+++ DATASET RECORDS

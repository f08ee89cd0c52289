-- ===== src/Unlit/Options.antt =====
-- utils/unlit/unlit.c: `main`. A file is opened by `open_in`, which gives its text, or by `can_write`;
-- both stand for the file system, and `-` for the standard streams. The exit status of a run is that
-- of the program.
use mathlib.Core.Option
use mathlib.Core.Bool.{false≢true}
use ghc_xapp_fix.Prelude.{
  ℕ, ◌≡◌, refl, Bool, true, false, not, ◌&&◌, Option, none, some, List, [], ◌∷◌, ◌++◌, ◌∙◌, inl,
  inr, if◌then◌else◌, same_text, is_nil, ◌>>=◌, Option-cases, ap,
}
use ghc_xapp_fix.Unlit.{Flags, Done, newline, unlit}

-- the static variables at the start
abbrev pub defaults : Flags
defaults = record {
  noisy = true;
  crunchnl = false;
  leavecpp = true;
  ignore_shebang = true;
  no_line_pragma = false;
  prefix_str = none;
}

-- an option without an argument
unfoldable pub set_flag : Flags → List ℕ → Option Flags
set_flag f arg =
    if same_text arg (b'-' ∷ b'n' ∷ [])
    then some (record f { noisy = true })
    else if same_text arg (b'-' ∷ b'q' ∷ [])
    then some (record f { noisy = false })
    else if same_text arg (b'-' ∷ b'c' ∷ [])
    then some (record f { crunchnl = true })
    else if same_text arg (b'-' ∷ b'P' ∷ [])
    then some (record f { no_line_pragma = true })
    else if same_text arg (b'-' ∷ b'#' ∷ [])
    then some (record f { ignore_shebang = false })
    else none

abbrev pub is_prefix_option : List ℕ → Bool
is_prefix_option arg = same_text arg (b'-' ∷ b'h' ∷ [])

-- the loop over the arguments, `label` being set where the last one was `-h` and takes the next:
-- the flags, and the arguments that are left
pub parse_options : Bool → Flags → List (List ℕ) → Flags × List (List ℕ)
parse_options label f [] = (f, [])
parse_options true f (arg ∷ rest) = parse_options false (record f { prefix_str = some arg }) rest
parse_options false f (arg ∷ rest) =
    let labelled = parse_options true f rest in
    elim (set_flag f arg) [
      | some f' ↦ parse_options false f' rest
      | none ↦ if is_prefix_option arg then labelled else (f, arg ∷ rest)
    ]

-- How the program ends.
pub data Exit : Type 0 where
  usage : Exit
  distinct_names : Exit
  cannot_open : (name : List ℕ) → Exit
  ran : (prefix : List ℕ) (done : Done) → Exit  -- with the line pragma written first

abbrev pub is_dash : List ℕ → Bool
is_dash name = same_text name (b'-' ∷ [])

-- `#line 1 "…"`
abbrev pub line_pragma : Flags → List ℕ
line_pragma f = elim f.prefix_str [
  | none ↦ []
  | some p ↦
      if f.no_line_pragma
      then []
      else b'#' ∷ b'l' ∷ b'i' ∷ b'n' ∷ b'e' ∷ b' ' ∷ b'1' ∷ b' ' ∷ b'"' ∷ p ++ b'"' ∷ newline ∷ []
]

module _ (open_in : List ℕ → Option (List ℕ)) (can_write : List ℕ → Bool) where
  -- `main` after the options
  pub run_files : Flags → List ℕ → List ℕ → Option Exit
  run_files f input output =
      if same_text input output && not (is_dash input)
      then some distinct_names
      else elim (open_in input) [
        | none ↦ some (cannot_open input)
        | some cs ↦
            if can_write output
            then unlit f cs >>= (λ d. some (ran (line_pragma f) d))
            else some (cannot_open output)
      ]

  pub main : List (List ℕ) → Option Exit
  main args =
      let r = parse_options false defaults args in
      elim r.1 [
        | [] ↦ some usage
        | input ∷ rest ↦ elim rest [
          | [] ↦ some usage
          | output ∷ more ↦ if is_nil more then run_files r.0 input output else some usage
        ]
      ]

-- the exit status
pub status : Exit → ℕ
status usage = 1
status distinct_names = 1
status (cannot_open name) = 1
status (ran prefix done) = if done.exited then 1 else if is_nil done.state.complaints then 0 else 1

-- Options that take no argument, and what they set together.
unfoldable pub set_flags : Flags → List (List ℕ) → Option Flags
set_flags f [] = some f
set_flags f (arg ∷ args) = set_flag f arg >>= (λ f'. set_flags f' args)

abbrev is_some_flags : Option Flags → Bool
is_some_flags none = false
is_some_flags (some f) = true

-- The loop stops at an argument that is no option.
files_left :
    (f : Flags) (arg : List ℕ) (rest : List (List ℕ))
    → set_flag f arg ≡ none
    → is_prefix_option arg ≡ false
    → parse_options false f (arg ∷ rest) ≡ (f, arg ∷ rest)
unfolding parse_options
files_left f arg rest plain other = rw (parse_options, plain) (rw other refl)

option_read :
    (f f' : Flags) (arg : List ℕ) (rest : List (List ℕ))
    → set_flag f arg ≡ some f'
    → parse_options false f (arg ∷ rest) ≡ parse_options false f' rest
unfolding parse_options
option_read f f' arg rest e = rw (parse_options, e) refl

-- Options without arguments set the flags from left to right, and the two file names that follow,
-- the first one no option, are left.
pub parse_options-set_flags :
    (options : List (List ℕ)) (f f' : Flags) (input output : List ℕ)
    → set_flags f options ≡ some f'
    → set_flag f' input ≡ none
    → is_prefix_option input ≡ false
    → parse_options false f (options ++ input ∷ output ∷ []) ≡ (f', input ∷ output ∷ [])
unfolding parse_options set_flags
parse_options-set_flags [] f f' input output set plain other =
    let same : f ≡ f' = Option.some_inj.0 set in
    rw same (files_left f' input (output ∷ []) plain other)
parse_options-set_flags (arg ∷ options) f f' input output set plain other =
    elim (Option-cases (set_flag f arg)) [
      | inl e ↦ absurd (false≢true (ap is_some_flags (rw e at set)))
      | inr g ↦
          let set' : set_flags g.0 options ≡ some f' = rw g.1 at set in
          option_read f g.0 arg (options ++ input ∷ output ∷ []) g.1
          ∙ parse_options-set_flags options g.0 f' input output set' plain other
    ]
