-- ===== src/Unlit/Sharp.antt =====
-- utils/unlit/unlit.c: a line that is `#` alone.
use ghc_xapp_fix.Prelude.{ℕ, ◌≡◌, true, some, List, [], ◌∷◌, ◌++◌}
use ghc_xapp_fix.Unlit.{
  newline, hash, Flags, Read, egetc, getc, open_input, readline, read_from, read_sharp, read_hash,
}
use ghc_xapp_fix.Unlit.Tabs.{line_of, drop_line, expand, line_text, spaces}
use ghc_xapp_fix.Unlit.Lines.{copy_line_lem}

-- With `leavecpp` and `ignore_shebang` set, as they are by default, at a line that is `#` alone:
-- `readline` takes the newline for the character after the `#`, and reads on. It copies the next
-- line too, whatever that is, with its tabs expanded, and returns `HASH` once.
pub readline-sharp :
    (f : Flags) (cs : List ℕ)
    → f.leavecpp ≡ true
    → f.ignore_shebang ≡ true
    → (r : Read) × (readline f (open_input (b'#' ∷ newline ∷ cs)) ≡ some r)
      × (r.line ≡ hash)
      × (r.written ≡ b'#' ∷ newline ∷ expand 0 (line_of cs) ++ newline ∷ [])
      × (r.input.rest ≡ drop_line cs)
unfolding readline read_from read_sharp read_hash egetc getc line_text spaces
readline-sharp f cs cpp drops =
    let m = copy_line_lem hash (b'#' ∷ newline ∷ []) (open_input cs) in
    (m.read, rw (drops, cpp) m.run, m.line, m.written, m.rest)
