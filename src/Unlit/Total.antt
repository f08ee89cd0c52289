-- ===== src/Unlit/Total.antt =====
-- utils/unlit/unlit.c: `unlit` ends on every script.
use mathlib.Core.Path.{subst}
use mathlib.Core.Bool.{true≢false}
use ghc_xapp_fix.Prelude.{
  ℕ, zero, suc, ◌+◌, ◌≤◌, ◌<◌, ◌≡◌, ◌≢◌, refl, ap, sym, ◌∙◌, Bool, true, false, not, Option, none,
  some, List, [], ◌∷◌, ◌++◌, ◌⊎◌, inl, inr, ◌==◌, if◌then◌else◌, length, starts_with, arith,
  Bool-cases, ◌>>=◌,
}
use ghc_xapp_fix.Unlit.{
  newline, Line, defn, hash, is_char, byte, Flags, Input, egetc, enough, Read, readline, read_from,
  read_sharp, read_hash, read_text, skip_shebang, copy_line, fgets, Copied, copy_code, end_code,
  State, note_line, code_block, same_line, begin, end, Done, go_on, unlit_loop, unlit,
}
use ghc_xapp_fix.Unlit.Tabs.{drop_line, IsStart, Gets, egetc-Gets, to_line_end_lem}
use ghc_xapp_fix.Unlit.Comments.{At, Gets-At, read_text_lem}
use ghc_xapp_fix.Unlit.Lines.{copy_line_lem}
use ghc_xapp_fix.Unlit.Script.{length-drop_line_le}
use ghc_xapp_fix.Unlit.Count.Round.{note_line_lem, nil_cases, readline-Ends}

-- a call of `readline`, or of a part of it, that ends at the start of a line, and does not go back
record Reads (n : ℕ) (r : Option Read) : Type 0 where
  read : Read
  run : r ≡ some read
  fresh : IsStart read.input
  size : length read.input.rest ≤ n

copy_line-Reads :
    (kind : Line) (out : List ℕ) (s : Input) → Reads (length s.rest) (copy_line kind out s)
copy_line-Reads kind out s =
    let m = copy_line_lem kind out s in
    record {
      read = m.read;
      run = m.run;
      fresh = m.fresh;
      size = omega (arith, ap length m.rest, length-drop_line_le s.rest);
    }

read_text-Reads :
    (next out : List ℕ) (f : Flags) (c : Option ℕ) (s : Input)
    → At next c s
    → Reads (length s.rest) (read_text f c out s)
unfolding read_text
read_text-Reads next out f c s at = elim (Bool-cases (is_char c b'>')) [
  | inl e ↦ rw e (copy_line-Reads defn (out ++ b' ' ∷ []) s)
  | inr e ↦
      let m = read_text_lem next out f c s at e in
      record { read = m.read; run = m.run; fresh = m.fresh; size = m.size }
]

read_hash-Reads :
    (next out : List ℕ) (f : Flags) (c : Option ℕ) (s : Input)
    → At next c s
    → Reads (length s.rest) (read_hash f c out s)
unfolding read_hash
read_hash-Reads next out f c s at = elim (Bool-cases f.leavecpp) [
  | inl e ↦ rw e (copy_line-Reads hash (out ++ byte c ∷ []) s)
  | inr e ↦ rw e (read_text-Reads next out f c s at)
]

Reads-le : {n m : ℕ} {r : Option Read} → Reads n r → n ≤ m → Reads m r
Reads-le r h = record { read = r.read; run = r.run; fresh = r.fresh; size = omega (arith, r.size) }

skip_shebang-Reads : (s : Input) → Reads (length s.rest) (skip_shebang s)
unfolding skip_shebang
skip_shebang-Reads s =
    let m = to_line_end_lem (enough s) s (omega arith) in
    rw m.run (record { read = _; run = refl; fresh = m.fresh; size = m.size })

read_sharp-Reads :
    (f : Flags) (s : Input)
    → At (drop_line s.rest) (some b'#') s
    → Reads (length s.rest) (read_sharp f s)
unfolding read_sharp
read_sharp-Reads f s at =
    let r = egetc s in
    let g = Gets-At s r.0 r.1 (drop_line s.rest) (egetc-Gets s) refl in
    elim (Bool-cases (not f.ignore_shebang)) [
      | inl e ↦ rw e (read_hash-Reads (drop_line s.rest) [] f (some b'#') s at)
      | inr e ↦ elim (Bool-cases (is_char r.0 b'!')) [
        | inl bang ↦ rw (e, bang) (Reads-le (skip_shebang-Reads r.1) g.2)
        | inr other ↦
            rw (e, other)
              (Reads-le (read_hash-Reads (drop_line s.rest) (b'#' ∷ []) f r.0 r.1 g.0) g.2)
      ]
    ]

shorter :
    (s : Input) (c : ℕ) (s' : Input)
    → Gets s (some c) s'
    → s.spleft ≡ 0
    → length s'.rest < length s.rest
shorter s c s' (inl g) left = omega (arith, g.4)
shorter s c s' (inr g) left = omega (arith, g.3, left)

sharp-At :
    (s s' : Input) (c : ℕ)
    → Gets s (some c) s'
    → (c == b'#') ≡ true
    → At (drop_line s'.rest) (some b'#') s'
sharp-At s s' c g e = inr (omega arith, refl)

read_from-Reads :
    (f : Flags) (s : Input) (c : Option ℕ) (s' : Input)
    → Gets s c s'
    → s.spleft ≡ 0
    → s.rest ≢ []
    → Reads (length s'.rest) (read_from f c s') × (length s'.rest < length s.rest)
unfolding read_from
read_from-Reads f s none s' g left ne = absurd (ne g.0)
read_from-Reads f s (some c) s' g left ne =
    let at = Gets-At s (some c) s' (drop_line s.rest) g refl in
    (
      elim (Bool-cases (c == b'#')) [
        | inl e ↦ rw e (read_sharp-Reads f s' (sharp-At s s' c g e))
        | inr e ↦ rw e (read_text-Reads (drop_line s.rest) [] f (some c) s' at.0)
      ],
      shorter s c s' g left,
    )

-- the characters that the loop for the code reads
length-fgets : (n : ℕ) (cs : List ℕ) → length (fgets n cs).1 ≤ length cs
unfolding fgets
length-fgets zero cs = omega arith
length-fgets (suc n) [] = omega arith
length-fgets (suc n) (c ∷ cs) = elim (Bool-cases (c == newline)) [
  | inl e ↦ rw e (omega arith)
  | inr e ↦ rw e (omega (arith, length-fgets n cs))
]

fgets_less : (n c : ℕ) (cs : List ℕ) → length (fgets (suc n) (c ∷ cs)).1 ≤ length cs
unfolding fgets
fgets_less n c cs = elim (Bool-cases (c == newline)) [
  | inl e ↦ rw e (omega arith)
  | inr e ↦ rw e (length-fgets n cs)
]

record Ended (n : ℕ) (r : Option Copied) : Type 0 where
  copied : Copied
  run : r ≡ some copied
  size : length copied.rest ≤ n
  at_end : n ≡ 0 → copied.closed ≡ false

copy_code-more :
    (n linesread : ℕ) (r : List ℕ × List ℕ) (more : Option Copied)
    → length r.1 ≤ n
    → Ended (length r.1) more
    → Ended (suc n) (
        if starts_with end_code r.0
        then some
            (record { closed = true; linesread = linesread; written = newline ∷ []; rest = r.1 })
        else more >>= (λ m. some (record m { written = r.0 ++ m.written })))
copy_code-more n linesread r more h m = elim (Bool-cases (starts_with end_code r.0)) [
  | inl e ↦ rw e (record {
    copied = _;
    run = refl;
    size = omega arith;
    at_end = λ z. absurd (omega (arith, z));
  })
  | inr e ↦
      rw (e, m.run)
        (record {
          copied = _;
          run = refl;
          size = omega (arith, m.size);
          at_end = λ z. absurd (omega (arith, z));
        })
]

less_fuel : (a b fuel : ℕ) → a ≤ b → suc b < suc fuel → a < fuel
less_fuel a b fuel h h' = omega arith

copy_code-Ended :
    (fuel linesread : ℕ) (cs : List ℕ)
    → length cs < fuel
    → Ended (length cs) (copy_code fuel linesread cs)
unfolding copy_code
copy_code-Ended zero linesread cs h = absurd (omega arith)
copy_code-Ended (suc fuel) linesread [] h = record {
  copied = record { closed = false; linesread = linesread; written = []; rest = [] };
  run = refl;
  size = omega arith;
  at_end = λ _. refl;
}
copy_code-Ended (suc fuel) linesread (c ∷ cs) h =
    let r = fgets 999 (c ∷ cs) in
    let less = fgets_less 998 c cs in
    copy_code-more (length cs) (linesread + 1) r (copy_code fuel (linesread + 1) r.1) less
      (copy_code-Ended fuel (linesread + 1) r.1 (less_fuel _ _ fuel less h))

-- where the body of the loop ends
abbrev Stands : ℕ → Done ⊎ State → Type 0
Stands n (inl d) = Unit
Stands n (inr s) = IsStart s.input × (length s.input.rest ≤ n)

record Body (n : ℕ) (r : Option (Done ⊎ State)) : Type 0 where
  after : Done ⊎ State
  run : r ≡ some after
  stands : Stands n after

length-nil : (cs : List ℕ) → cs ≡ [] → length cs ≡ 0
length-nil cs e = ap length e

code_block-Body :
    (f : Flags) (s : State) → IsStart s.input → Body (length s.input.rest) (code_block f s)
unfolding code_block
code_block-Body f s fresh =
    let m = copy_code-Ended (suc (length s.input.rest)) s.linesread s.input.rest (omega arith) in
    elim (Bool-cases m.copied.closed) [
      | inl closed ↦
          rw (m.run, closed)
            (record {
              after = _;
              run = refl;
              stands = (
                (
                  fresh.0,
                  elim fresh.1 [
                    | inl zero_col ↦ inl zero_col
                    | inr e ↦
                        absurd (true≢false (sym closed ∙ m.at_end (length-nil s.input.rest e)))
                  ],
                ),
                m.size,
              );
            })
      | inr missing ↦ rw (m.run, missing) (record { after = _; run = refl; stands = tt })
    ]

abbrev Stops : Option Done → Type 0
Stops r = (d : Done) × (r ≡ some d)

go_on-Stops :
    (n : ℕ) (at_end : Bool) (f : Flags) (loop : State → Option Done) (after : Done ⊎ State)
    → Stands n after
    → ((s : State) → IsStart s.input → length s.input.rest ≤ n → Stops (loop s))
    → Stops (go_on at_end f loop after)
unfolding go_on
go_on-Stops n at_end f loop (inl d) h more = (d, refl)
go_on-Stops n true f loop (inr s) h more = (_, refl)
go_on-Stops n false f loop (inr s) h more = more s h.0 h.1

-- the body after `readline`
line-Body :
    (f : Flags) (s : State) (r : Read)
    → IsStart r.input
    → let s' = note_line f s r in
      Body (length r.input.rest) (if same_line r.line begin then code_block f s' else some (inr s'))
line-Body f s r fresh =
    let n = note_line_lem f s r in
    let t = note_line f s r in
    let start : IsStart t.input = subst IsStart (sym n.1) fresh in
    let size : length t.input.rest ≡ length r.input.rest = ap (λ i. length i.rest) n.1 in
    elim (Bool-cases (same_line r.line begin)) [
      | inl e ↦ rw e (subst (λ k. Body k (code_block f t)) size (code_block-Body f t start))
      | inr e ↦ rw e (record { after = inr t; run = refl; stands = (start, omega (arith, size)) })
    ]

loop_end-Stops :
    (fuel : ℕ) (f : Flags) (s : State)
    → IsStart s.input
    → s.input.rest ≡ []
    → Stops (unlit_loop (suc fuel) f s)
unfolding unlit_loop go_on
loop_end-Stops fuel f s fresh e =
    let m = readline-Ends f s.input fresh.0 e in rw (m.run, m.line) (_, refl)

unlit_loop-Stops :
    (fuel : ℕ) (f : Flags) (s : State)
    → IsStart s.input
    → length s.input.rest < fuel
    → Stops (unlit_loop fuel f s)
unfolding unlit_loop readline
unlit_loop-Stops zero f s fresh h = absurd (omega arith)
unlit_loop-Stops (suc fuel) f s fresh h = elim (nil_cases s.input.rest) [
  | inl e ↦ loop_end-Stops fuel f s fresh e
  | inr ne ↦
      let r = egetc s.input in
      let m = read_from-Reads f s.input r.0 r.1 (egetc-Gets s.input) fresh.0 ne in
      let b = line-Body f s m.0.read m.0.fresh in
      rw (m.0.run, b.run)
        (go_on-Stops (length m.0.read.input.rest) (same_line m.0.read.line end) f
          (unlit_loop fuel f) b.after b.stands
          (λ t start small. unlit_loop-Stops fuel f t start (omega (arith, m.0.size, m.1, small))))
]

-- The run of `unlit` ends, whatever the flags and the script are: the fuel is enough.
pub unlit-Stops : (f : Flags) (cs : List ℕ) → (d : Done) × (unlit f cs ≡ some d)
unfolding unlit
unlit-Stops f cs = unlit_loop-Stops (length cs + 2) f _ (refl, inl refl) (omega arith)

++++++

◆ EXERCISE REQUIREMENTS
Every line above from the line with "unfolding read_from" to the line with "-- the characters", both included, must be reproduced exactly, and no other line may appear.

◆ RESPONSE
unfolding read_from
read_from-Reads f s none s' g left ne = absurd (ne g.0)
read_from-Reads f s (some c) s' g left ne =
    let at = Gets-At s (some c) s' (drop_line s.rest) g refl in
    (
      elim (Bool-cases (c == b'#')) [
        | inl e ↦ rw e (read_sharp-Reads f s' (sharp-At s s' c g e))
        | inr e ↦ rw e (read_text-Reads (drop_line s.rest) [] f (some c) s' at.0)
      ],
      shorter s c s' g left,
    )

-- the characters that the loop for the code reads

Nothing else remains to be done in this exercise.